それを目にしてうれしそうな表情を浮かべたYURiKAは、最前とコミュニケーションを取りながらのAメロでファンと繋がる。そのAメロでは程よく力の抜けた歌声を響かせ、サビでの感情の乗せ方とのコントラストでまたファンの心を捉えていた。
●中盤にも、次々登場するキラーチューン
披露後のMCではこの1年間を「本当に激動で、皆さんの前で歌うことに対して強くたくましくなった」と振り返ると、そのなかでゲーム楽曲を歌う機会が多かったことに触れ、その1曲「時のFoliage」からライブ再開。
ファルセットに近い歌声で歌われたこの曲は、高音も引く巧さを活かしたナンバー。その歌声とコーラスとの美しいハーモニーとが胸にキュンとくる聴かせるナンバーを、しっかり観客の胸にも届けていく。特に落ちサビでのハイトーンの美しさは白眉で、生で聴いて改めて魅了されてしまった。
そのまま続けたデジタルチューン「Beautiful Future」では歌声の持ち味の長所を残しつつ、どこか余裕や懐の広さを感じる歌声で自身の成長を見せると、「My Destination」はAメロをまっすぐに、少しだけ悲しさを乗せて歌い始めるが、Bメロ終盤2小節からサビにかけて一気に盛り上げて、前へと進む激情を乗せていく。

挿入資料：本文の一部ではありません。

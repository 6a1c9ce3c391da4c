-- ===== src/Network/Node/Invariant/Register.antt =====
-- A registration keeps the invariant.
use forgechain.Prelude.{
  Bool, true, false, inl, inr, Option-cases, Option, none, some, List, [], Bytes, length, ltb, ◌==◌,
}
use forgechain.Prelude.Outcome.{Outcome, ok, After, After->>=, After-then, on_branches}
use forgechain.Crypto.{OpenSsl}
use forgechain.Chain.Queries.{chain_height}
use forgechain.Network.Clock.{TimePoint}
use forgechain.Network.Socket.{Received, received, lost, waiting}
use forgechain.Network.Handshake.{VersionInfo, perform_handshake}
use forgechain.Network.PeerAddress.{PeerAddress}
use forgechain.Network.AddressBook.{Inet}
use forgechain.Network.AddressBook.Valid
use forgechain.Network.AddressBook.Valid.{
  add-IsValid, mark_success-IsValid, mark_failure-IsValid, select_candidate-IsValid,
}
use forgechain.Network.Node.State.{Node, Delivery, new_peer}
use forgechain.Network.Node.Peers.{find_duplicate, keep_new, settle_duplicate}
use forgechain.Network.Node.Sync.{request_blocks}
use forgechain.Network.Node.Rounds.{
  Connection, current_info, push_peer, book_peer, welcome, admit_peer, register_new_peer,
}
use forgechain.Network.Node.Single.{IsFree, IsConnections-push, settle_duplicate-frees}
use forgechain.Network.Node.Invariant.{
  IsValid, with_book, mark_dead-IsValid, start_sync_state-IsValid, Keeps, request_blocks-Keeps,
}

module _ ⦃ssl : OpenSsl⦄ ⦃inet : Inet⦄ where
  book_peer-IsValid :
      (now : TimePoint) (a : PeerAddress) (is_outbound : Bool) (node : Node)
      → IsValid node
      → IsValid (book_peer now a is_outbound node)
  unfolding book_peer
  book_peer-IsValid now a is_outbound node v =
      with_book _ node
        (on_branches Valid.IsValid is_outbound _ _
          (λ _. mark_success-IsValid now a _ (add-IsValid now a true node.address_book v.book))
          (λ _. add-IsValid now a _ node.address_book v.book))
        v

  push_peer-IsValid :
      (now : TimePoint) (host : Bytes) (incoming : VersionInfo) (is_outbound : Bool) (node : Node)
      → IsFree node.heap node.peers host incoming.listen_port
      → IsValid node
      → IsValid (push_peer now host incoming is_outbound node)
  unfolding push_peer
  push_peer-IsValid now host incoming is_outbound node free v = record {
    chain = v.chain;
    connections =
        IsConnections-push node.heap (new_peer now host incoming) is_outbound node.peers free
          v.connections;
    sync = v.sync;
    book = v.book;
  }

  welcome-Keeps :
      (now : TimePoint) (host : Bytes) (incoming : VersionInfo) (is_outbound sent : Bool)
      (node : Node)
      → IsFree node.heap node.peers host incoming.listen_port
      → IsValid node
      → Keeps (welcome now host incoming is_outbound sent node)
  unfolding welcome
  welcome-Keeps now host incoming is_outbound sent node free v =
      let pushed = push_peer-IsValid now host incoming is_outbound node free v in
      let booked =
        book_peer-IsValid now (record { host = host; port = incoming.listen_port }) is_outbound _
          pushed in
      on_branches Keeps (ltb (chain_height node.chain) incoming.chain_height) _ _
        (λ _.
          After-then (λ r. IsValid r.0) (λ r. IsValid r.0)
            (request_blocks sent (length node.heap) _) _
            (request_blocks-Keeps sent (length node.heap) _
              (start_sync_state-IsValid now (length node.heap) _ booked))
            λ done _ v'. v')
        (λ _. booked)

  -- The node in an answer.
  abbrev pub Answers : Outcome (Option Bool × Node × List Delivery) → Type 0
  Answers = After (λ r. IsValid r.1)

  settled-IsValid :
      (host : Bytes) (incoming : VersionInfo) (is_outbound : Bool) (node : Node)
      → IsValid node
      → IsValid (settle_duplicate host incoming is_outbound node).1
  unfolding settle_duplicate
  settled-IsValid host incoming is_outbound node v =
      elim (Option-cases (find_duplicate node.heap host incoming.listen_port node.peers)) [
        | inl e ↦ rw (settle_duplicate, e) v
        | inr (p, e) ↦
            rw (settle_duplicate, e)
              (on_branches (λ (r : Bool × Node). IsValid r.1)
                (keep_new node.info.node_id incoming.node_id is_outbound) _ _
                (λ _. mark_dead-IsValid p node v) (λ _. v))
      ]

  admit_peer-Answers :
      (now : TimePoint) (host : Bytes) (incoming : VersionInfo) (is_outbound sent : Bool)
      (node : Node)
      → IsValid node
      → Answers (admit_peer now host incoming is_outbound sent node)
  unfolding admit_peer
  admit_peer-Answers now host incoming is_outbound sent node v =
      let settled = settled-IsValid host incoming is_outbound node v in
      on_branches Answers (node.info.node_id == incoming.node_id) _ _ (λ _. v)
        λ _.
          on_branches Answers node.stopping _ _ (λ _. v)
            λ _.
              on_branches Answers (settle_duplicate host incoming is_outbound node).0 _ _
                (λ accepted.
                  After-then (λ r. IsValid r.0) (λ r. IsValid r.1)
                    (welcome now host incoming is_outbound sent
                      (settle_duplicate host incoming is_outbound node).1)
                    _
                    (welcome-Keeps now host incoming is_outbound sent _
                      ((settle_duplicate-frees host incoming is_outbound node v.connections).1
                        accepted)
                      settled)
                    λ done _ v'. v')
                (λ _. settled)

  pub register_new_peer-Answers :
      (now : TimePoint) (socket : Option Connection) (host : Bytes) (is_outbound : Bool)
      (node : Node)
      → IsValid node
      → Answers (register_new_peer now socket host is_outbound node)
  unfolding register_new_peer
  register_new_peer-Answers now none host is_outbound node v = v
  register_new_peer-Answers now (some c) host is_outbound node v =
      After->>= (λ r. IsValid r.1) (perform_handshake (current_info node) c.departures c.arrivals) _
        λ answer _. answered now c host is_outbound node answer v
    where
      answered :
          (now : TimePoint) (c : Connection) (host : Bytes) (is_outbound : Bool) (node : Node)
          (answer : Received VersionInfo)
          → IsValid node
          → Answers (elim answer [
            | received incoming arrivals ↦
                admit_peer now host incoming is_outbound c.request_sent node
            | lost ↦ ok (some false, node, [])
            | waiting ↦ ok (none, node, [])
          ])
      answered now c host is_outbound node (received incoming arrivals) v =
          admit_peer-Answers now host incoming is_outbound c.request_sent node v
      answered now c host is_outbound node lost v = v
      answered now c host is_outbound node waiting v = v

その後奏中にYURiKAは一旦降壇。『THE CATCH』特別編その2が上映される。ここではいつもの放送通りの頭文字を指定されての無茶振りジングルも挟みつつ、ふつおた紹介の流れでグッズ紹介やこの1年の振り返りを行うと、再びの自身の曲振りに続いて「鏡面の波」へ。
主人公・フォスフォフィライトを連想させるエメラルドグリーンに染まったステージの最前に立つYURiKAは、この曲ならではの浮遊感を保ちながら、透き通るようなボーカルで歌いゆく。中盤ではファルセットと地声の強い部分とのメリハリをはっきり出しつつ、絶妙な力の抜け感でボーカルから棘を取りつつも欲しい部分には芯を作り、幻想的な空間を見事に作り上げる。
完奏後に訪れた一瞬の拍手も歓声もない間が、その圧倒ぶりを表しているようだった。そして今度はデビュー曲「Shiny Ray」のイントロでお立ち台に登り、「後半戦、まだまだ盛り上がっていくよー!」とシャウトし一気にフルスロットル。楽曲のテイストとしては対称的だが、しかし間違いのないキラーチューンを2曲続けてフロアを再びアゲていく。
すると今度は恩師から贈られたバラード曲「Song That Never Ends~夢の続き~」を歌唱。そのテイストは様々だが、大事な曲が次々と歌われていく。そんなこの曲は優しく穏やかに歌っていくが、それが大サビで一気に力強さを持つさまからは、今後も一歩一歩踏みしめてしっかり歩み続けるという意志が見えるようだった。
歌唱後には、この日の『THE CATCH』SP版は台本も自ら手がけたと明かし、「私はアニソンシンガーだからアニメの曲と一緒にありたいと(昨年初出場した)アニサマで感じたので、その姿をまた見てもらいたくて、同じ衣装にしました」と、ステージ上の姿に至るまでこだわりを伝えてくれた。
そして「今のうちに水飲んどいたほうがいいよ」と煽ると、「魔導戦士グランシャリオン」で後半戦突入。頭サビ後のコールから、一気にフロアのファンのハートを燃やしていく。YURiKAもここまでとはまた違った荒々しいボーカルでフロアをたぎらせると、1サビ明けのコールではイヤモニを外してフロアからの生声を聴いていた。
さらに続けた「AKATSUKI DEPARTURE」ではキリッとオーディエンスを引っ張っていき、1サビ後には挑発的な表情も。さらに2サビ明けにはお立ち台の上から「もっと叫べー!」とシャウト。フロアは再び燃え上がるが、その一方で落ちサビ前のブレイクではピタリと一瞬の静寂が。これもまた、ファンと生み出した至上の瞬間であった。